According to Corriere Fiorentino, the company’s latest crisis was the mirror image of its previous one. In the summer of 2022, there were orders but no production, due to bankruptcy under the former management. When production was finally restored, the orders had evaporated, swept away by the wider textile crisis.

The owners, Roberto Malossi and Andrea Fastoni, first raised the alarm a year and a half ago, reiterating it last Christmas. With no new orders coming in, closure became inevitable.
“We held firm until June,” Fastoni explained, “even as turnover collapsed to just €300,000 — a third of 2023’s figure and one-tenth of 2022’s. Then, starting 1st July, we had to place workers on furlough. We contacted the regional government immediately, but negotiations for a sale never materialised. All that remained was severance pay.”

Textile industry: The perfect storm


The situation became unsustainable, Fastoni said, citing a perfect storm of challenges: “It wasn’t just the broader textile crisis hitting industrial centres like Prato and Biella. We were also affected by sanctions against Russia — one of our key markets — and by Middle East tensions, which drove up the cost of raw materials such as dyes. The worst blow was the surge in energy costs. Our electricity and gas bills reached €40,000 a month, which led to arrears and, eventually, a power cut. We’re also behind on rent. Roberto Bellandi, the Prato entrepreneur who bought the warehouse in 2022 to enable our restart, has been patient, but we cannot indefinitely rely on his generosity.”

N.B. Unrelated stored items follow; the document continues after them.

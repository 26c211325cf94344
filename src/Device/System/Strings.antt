-- ===== src/Device/System/Strings.antt =====
-- The writable strings of the `system` group: firmware/components/mib/mib_ii.c.
use wespe.Prelude.{
  ℕ, ◌<◌, ◌≤◌, ◌≢◌, ◌≡◌, ◌⊎◌, inl, inr, refl, arith, Bool-cases, leb, ◌==◌, length, List, c_string,
}
use wespe.Ber.Types.{tag_octet_string}
use wespe.Mib.Types.{MibResult, Varbind, Getter, Setter}
use wespe.Device.Types.{Device, with_octets}
use wespe.Device.System.{
  wespe_str_max, set_string_field, get_sys_contact, set_sys_contact, get_sys_name, set_sys_name,
  get_sys_location, set_sys_location,
}

module _ {H : Type 0} where
  -- A set either stores an OCTET STRING of fewer than WESPE_STR_MAX bytes, which is read back up to its
  -- first NUL; or it is refused for its type or its length, and changes nothing.
  abbrev pub IsStringField : Getter (Device H) → Setter (Device H) → Type 0
  IsStringField getter setter =
      (d : Device H) (vb out : Varbind)
      → (((setter d vb).0 ≡ MibResult.ok)
          × (vb.value_tag ≡ tag_octet_string)
          × (length vb.octets < wespe_str_max)
          × (getter (setter d vb).1 out
              ≡ (MibResult.ok, with_octets (c_string vb.octets) out, (setter d vb).1)))
        ⊎ (((setter d vb ≡ (MibResult.wrong_type, d)) × (vb.value_tag ≢ tag_octet_string))
            ⊎ ((setter d vb ≡ (MibResult.wrong_value, d)) × (wespe_str_max ≤ length vb.octets)))

  -- A field is read and written as a part of the device.
  is_string_field :
      (read : Device H → List ℕ) (write : Device H → List ℕ → Device H)
      → ((d : Device H) (s : List ℕ) → read (write d s) ≡ s)
      → ((d : Device H) → write d (read d) ≡ d)
      → IsStringField
          (λ d vb. (MibResult.ok, with_octets (c_string (read d)) vb, d))
          (λ d vb.
            let (res, field) = set_string_field wespe_str_max vb (read d) in (res, write d field))
  unfolding set_string_field
  is_string_field read write read_write write_read d vb out =
      elim (Bool-cases (vb.value_tag == tag_octet_string)) [
        | inr other ↦ inr (inl (rw (other, write_read d) refl, ground arith))
        | inl text ↦ elim (Bool-cases (leb wespe_str_max (length vb.octets))) [
          | inl long ↦ inr (inr (rw (text, long, write_read d) refl, ground arith))
          | inr fits ↦ inl (
            rw (text, fits) refl,
            ground arith,
            ground arith,
            rw (text, fits, read_write d vb.octets) refl,
          )
        ]
      ]

-- sysContact, sysName and sysLocation: a set stores an OCTET STRING of fewer than WESPE_STR_MAX bytes,
-- which is then read back up to its first NUL; any other value is refused with MIB_WRONG_TYPE or, if it
-- is too long, with MIB_WRONG_VALUE, and nothing is changed.
pub strings-IsStringField :
    (H : Type 0)
    → IsStringField {H = H} get_sys_contact set_sys_contact
      × IsStringField {H = H} get_sys_name set_sys_name
      × IsStringField {H = H} get_sys_location set_sys_location
unfolding get_sys_contact set_sys_contact get_sys_name set_sys_name get_sys_location
    set_sys_location
strings-IsStringField H = (
  is_string_field (λ d. d.sys_contact) (λ d s. record d { sys_contact = s }) (λ d s. refl)
      (λ d. refl),
  is_string_field (λ d. d.sys_name) (λ d s. record d { sys_name = s }) (λ d s. refl) (λ d. refl),
  is_string_field (λ d. d.sys_location) (λ d s. record d { sys_location = s }) (λ d s. refl)
      (λ d. refl),
)
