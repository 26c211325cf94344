-- ===== src/Device/Sensors.antt =====
-- wespeSensorTable: firmware/components/mib/mib_sensor_table.c.
pub mod Rows
pub mod Labels
use wespe.Prelude.{
  ℕ, ◌+◌, ◌-◌, ◌%◌, ◌^◌, Bool, true, false, ◌&&◌, not, Option, none, some, List, [], ◌∷◌, ◌++◌, ltb,
  leb, ◌==◌, if◌then◌else◌, length, take, get_or, set, c_string, decimal,
}
use wespe.Ber.Types.{tag_integer, tag_octet_string, tag_counter64}
use wespe.Mib.Types.{MibResult, Varbind, Access, Getter, Setter, Column, Table}
use wespe.Mib.Registry.{Registry, register_table}
use wespe.Hal.Interfaces.{Hal, sensor_max_count}
use wespe.Device.Types.{Device, access_slot, with_integer, with_octets, get_integer}

abbrev pub wespe_sensor_label_max : ℕ
wespe_sensor_label_max = 32

abbrev pub sensor_table_entry_oid : List ℕ
sensor_table_entry_oid = 1 ∷ 3 ∷ 6 ∷ 1 ∷ 4 ∷ 1 ∷ 99999 ∷ 2 ∷ 6 ∷ 1 ∷ []

abbrev pub col_label : ℕ
col_label = 2

abbrev pub sensor_table_columns : List Column
sensor_table_columns =
    record { number = 1; value_tag = tag_integer; access = Access.ro }
    ∷ record { number = col_label; value_tag = tag_octet_string; access = Access.rw }
    ∷ record { number = 3; value_tag = tag_integer; access = Access.ro }
    ∷ record { number = 4; value_tag = tag_counter64; access = Access.ro }
    ∷ record { number = 5; value_tag = tag_integer; access = Access.ro }
    ∷ []

-- `slot[0] == '\0'`
abbrev pub is_blank : List ℕ → Bool
is_blank [] = true
is_blank (b ∷ bs) = b == 0

-- snprintf(slot, WESPE_SENSOR_LABEL_MAX, "sensor%u", index)
unfoldable pub default_label : ℕ → List ℕ
default_label index =
    take (wespe_sensor_label_max - 1) ((115 ∷ 101 ∷ 110 ∷ 115 ∷ 111 ∷ 114 ∷ []) ++ decimal index)

module _ {H : Type 0} where
  -- What is in the slot, which is filled in on the way if it is blank.
  unfoldable pub label_for : ℕ → Device H → List ℕ × Device H
  label_for index d =
      let slot = get_or d.labels (index - 1) [] in
      let d' = access_slot d.labels index d in
      if is_blank slot
      then (
        default_label index,
        record d' { labels = set d.labels (index - 1) (default_label index) },
      )
      else (slot, d')

  unfoldable pub get_label : ℕ → Getter (Device H)
  unfolding label_for
  get_label index d vb =
      let (label, d') = label_for index d in (MibResult.ok, with_octets (c_string label) vb, d')

  unfoldable pub get_read_count : ℕ → Getter (Device H)
  get_read_count index d vb = (
    MibResult.ok,
    record vb { value_tag = tag_counter64; counter64_value = get_or d.read_count (index - 1) 0 },
    access_slot d.read_count index d,
  )

module _ {H : Type 0} (hal : Hal H) where
  abbrev pub sensor_row_exists : Device H → ℕ → Bool
  sensor_row_exists d index = leb 1 index && leb index (hal.sensor_count d.hardware)

  abbrev pub sensor_first_index : Device H → Option ℕ
  sensor_first_index d = if ltb (hal.sensor_count d.hardware) 1 then none else some 1

  abbrev pub sensor_next_index : Device H → ℕ → Option ℕ
  sensor_next_index d current_index =
      let next = (current_index + 1) % 2 ^ 32 in
      if not (sensor_row_exists d next) then none else some next

  -- COL_TEMP: a successful reading is counted.
  unfoldable pub get_sensor_temperature : ℕ → Getter (Device H)
  get_sensor_temperature index d vb =
      let count = get_or d.read_count (index - 1) 0 in
      elim (hal.sensor_read_indexed index d.hardware) [
        | none ↦ (MibResult.gen_err, vb, d)
        | some decidegrees ↦ (
          MibResult.ok,
          with_integer decidegrees vb,
          record (access_slot d.read_count index d) {
            read_count = set d.read_count (index - 1) ((count + 1) % 2 ^ 64);
          },
        )
      ]

  -- COL_STATUS: ok(1) or readError(2).
  unfoldable pub get_sensor_status : ℕ → Getter (Device H)
  get_sensor_status index d vb = elim (hal.sensor_read_indexed index d.hardware) [
    | none ↦ (MibResult.ok, with_integer 2 vb, d)
    | some decidegrees ↦ (MibResult.ok, with_integer 1 vb, d)
  ]

  unfoldable pub sensor_get_cell : ℕ → ℕ → Getter (Device H)
  unfolding get_label get_read_count get_sensor_temperature get_sensor_status
  sensor_get_cell column index d vb =
      if not (sensor_row_exists d index)
      then (MibResult.no_such_instance, vb, d)
      else if column == 1
      then (MibResult.ok, with_integer index vb, d)
      else if column == col_label
      then get_label index d vb
      else if column == 3
      then get_sensor_temperature index d vb
      else if column == 4
      then get_read_count index d vb
      else if column == 5
      then get_sensor_status index d vb
      else (MibResult.gen_err, vb, d)

  unfoldable pub sensor_set_cell : ℕ → ℕ → Setter (Device H)
  sensor_set_cell column index d vb =
      if not (sensor_row_exists d index)
      then (MibResult.no_such_instance, d)
      else if not (column == col_label)
      then (MibResult.not_writable, d)
      else if not (vb.value_tag == tag_octet_string)
      then (MibResult.wrong_type, d)
      else if leb wespe_sensor_label_max (length vb.octets)
      then (MibResult.wrong_value, d)
      else (
        MibResult.ok,
        record (access_slot d.labels index d) { labels = set d.labels (index - 1) vb.octets },
      )

  abbrev pub sensor_table : Table (Device H)
  sensor_table = record {
    entry_oid = sensor_table_entry_oid;
    columns = sensor_table_columns;
    first_index = sensor_first_index;
    next_index = sensor_next_index;
    get_cell = sensor_get_cell;
    set_cell = some sensor_set_cell;
  }

  -- mib_sensor_table_register, which also clears the labels and the counters.
  unfoldable pub mib_sensor_table_register :
      Registry (Device H) → Device H → Registry (Device H) × Device H
  mib_sensor_table_register reg d = (
    (register_table sensor_table reg).0,
    record d { labels = [] ∷ [] ∷ [] ∷ [] ∷ []; read_count = 0 ∷ 0 ∷ 0 ∷ 0 ∷ [] },
  )
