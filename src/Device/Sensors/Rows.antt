-- ===== src/Device/Sensors/Rows.antt =====
-- The rows of wespeSensorTable: firmware/components/mib/mib_sensor_table.c.
use wespe.Prelude.{ℕ, zero, suc, ◌≤◌, ◌≡◌, ◌↔◌, arith, Option, some, IsU32}
use wespe.Mib.Resolve.Rows.{From, here, there, From-all, IsAscending}
use wespe.Hal.Interfaces.{Hal}
use wespe.Device.Types.{Device}
use wespe.Device.Sensors.{sensor_first_index, sensor_next_index}

module _ {H : Type 0} (hal : Hal H) (d : Device H) where
  pub sensor_next_index-IsAscending : IsAscending (sensor_next_index hal d)
  sensor_next_index-IsAscending i j u e = ground arith

  pub sensor_first_index-IsU32 : (i : ℕ) → sensor_first_index hal d ≡ some i → IsU32 i
  sensor_first_index-IsU32 i e = ground arith

  Reached : ℕ → Type 0
  Reached i = (1 ≤ i) × (i ≤ hal.sensor_count d.hardware)

  next-Reached : (i j : ℕ) → sensor_next_index hal d i ≡ some j → Reached j
  unfolding Reached
  next-Reached i j e = ground arith

  From-next :
      (i j : ℕ) (r : Option ℕ)
      → sensor_next_index hal d i ≡ some j
      → From (sensor_next_index hal d) i r
      → From (sensor_next_index hal d) j r
  From-next i j r n (here e) = there i e (here n)
  From-next i j r n (there k e f) = there k e (From-next i j (sensor_next_index hal d k) n f)

  reach :
      (i : ℕ)
      → IsU32 (suc i)
      → suc i ≤ hal.sensor_count d.hardware
      → From (sensor_next_index hal d) (suc i) (sensor_first_index hal d)
  reach zero u h = here (ground arith)
  reach (suc i) u h =
      From-next (suc i) (suc (suc i)) (sensor_first_index hal d) (ground arith)
        (reach i (omega arith) (omega arith))

  -- The rows that the index callbacks of wespeSensorTable enumerate are exactly those from 1 to
  -- sensor_count(), if that is a uint32_t.
  pub sensor_rows :
      (i : ℕ)
      → IsU32 (hal.sensor_count d.hardware)
      → From (sensor_next_index hal d) i (sensor_first_index hal d)
        ↔ ((1 ≤ i) × (i ≤ hal.sensor_count d.hardware))
  unfolding Reached
  sensor_rows i u = (to, from i)
    where
      first : (j : ℕ) → sensor_first_index hal d ≡ some j → Reached j
      first j e = ground arith

      to : From (sensor_next_index hal d) i (sensor_first_index hal d) → Reached i
      to f =
          From-all Reached (sensor_next_index hal d) i (sensor_first_index hal d) next-Reached first
            f

      from : (i : ℕ) → Reached i → From (sensor_next_index hal d) i (sensor_first_index hal d)
      from zero (h, k) = absurd (omega arith)
      from (suc i) (h, k) = reach i (omega arith) k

This culmination of factors led to the decision to liquidate — a move now threatening the entire supply chain. The two partner firms that supplied raw cloth and marketed the finished fabric will also be severely impacted.

“The deadline is imminent,” Fastoni warns. “If no one steps forward in the coming weeks, a unique piece of our textile heritage will simply disappear.”

Final thoughts


As Corriere Fiorentino’s Salvatore Mannino bleakly concluded: “While Arezzo’s CGIL (union) leaders complain about the crisis, what’s needed now is a miracle — the kind you see in romantic films starring Audrey Hepburn. But Soci is not Hollywood.”

But Panno Casentino isn’t just a fabric. It’s history, tradition, craftsmanship, and culture woven together. The closure of Manifattura del Casentino isn’t only an economic loss — it’s a cultural one.

We are watching a symbol of Italian identity vanish, thread by thread. The warm, earthy colours that once defined Tuscan winters are fading into silence. Once again, small-scale craftsmanship succumbs to market logic, bureaucracy, and political inertia.

So what is politics doing — if not protecting the legacy that defines us? When they say they want to protect Made in Italy, what do they really mean?
If we can’t preserve what makes us who we are, what exactly are we building instead?